» WHAT YOU HAVE TO DO
Reproduce each line of the material precisely.

▼

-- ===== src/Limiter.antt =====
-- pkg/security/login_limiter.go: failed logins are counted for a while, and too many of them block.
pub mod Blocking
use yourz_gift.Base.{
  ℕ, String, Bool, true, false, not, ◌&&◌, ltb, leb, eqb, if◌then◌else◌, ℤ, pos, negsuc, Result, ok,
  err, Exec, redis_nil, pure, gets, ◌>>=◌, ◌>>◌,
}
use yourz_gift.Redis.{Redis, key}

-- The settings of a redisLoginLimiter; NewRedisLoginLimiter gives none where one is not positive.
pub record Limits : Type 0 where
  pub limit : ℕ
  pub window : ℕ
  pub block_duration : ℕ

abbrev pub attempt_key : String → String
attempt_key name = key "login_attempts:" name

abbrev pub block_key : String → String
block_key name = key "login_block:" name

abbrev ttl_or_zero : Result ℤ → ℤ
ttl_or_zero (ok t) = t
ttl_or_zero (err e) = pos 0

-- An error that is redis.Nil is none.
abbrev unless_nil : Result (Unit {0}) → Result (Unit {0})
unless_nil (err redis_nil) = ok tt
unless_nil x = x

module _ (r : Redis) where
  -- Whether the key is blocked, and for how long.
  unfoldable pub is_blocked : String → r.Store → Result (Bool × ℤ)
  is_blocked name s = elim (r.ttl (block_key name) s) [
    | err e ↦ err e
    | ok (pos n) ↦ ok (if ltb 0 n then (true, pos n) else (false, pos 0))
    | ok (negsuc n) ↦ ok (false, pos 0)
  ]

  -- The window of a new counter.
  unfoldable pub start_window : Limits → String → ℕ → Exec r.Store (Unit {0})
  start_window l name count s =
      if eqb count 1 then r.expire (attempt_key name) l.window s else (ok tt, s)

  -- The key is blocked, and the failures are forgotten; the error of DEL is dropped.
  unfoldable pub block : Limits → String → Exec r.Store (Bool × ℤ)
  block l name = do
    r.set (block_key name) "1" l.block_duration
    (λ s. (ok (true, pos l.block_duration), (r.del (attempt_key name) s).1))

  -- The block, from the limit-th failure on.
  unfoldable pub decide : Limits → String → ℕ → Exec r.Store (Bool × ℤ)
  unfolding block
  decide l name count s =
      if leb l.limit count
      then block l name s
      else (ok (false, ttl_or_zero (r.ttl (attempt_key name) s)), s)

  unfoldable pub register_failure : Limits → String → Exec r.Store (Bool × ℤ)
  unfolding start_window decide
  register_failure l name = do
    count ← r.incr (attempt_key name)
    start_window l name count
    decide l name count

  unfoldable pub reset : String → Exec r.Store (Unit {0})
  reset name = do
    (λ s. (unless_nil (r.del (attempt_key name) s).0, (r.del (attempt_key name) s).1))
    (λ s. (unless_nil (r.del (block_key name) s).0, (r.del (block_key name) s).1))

▲

» COMPLETED EXERCISE
-- ===== src/Limiter.antt =====
-- pkg/security/login_limiter.go: failed logins are counted for a while, and too many of them block.
pub mod Blocking
use yourz_gift.Base.{
  ℕ, String, Bool, true, false, not, ◌&&◌, ltb, leb, eqb, if◌then◌else◌, ℤ, pos, negsuc, Result, ok,
  err, Exec, redis_nil, pure, gets, ◌>>=◌, ◌>>◌,
}
use yourz_gift.Redis.{Redis, key}

-- The settings of a redisLoginLimiter; NewRedisLoginLimiter gives none where one is not positive.
pub record Limits : Type 0 where
  pub limit : ℕ
  pub window : ℕ
  pub block_duration : ℕ

abbrev pub attempt_key : String → String
attempt_key name = key "login_attempts:" name

abbrev pub block_key : String → String
block_key name = key "login_block:" name

abbrev ttl_or_zero : Result ℤ → ℤ
ttl_or_zero (ok t) = t
ttl_or_zero (err e) = pos 0

-- An error that is redis.Nil is none.
abbrev unless_nil : Result (Unit {0}) → Result (Unit {0})
unless_nil (err redis_nil) = ok tt
unless_nil x = x

module _ (r : Redis) where
  -- Whether the key is blocked, and for how long.
  unfoldable pub is_blocked : String → r.Store → Result (Bool × ℤ)
  is_blocked name s = elim (r.ttl (block_key name) s) [
    | err e ↦ err e
    | ok (pos n) ↦ ok (if ltb 0 n then (true, pos n) else (false, pos 0))
    | ok (negsuc n) ↦ ok (false, pos 0)
  ]

  -- The window of a new counter.
  unfoldable pub start_window : Limits → String → ℕ → Exec r.Store (Unit {0})
  start_window l name count s =
      if eqb count 1 then r.expire (attempt_key name) l.window s else (ok tt, s)

  -- The key is blocked, and the failures are forgotten; the error of DEL is dropped.
  unfoldable pub block : Limits → String → Exec r.Store (Bool × ℤ)
  block l name = do
    r.set (block_key name) "1" l.block_duration
    (λ s. (ok (true, pos l.block_duration), (r.del (attempt_key name) s).1))

  -- The block, from the limit-th failure on.
  unfoldable pub decide : Limits → String → ℕ → Exec r.Store (Bool × ℤ)
  unfolding block
  decide l name count s =
      if leb l.limit count
      then block l name s
      else (ok (false, ttl_or_zero (r.ttl (attempt_key name) s)), s)

  unfoldable pub register_failure : Limits → String → Exec r.Store (Bool × ℤ)
  unfolding start_window decide
  register_failure l name = do
    count ← r.incr (attempt_key name)
    start_window l name count
    decide l name count

  unfoldable pub reset : String → Exec r.Store (Unit {0})
  reset name = do
    (λ s. (unless_nil (r.del (attempt_key name) s).0, (r.del (attempt_key name) s).1))
    (λ s. (unless_nil (r.del (block_key name) s).0, (r.del (block_key name) s).1))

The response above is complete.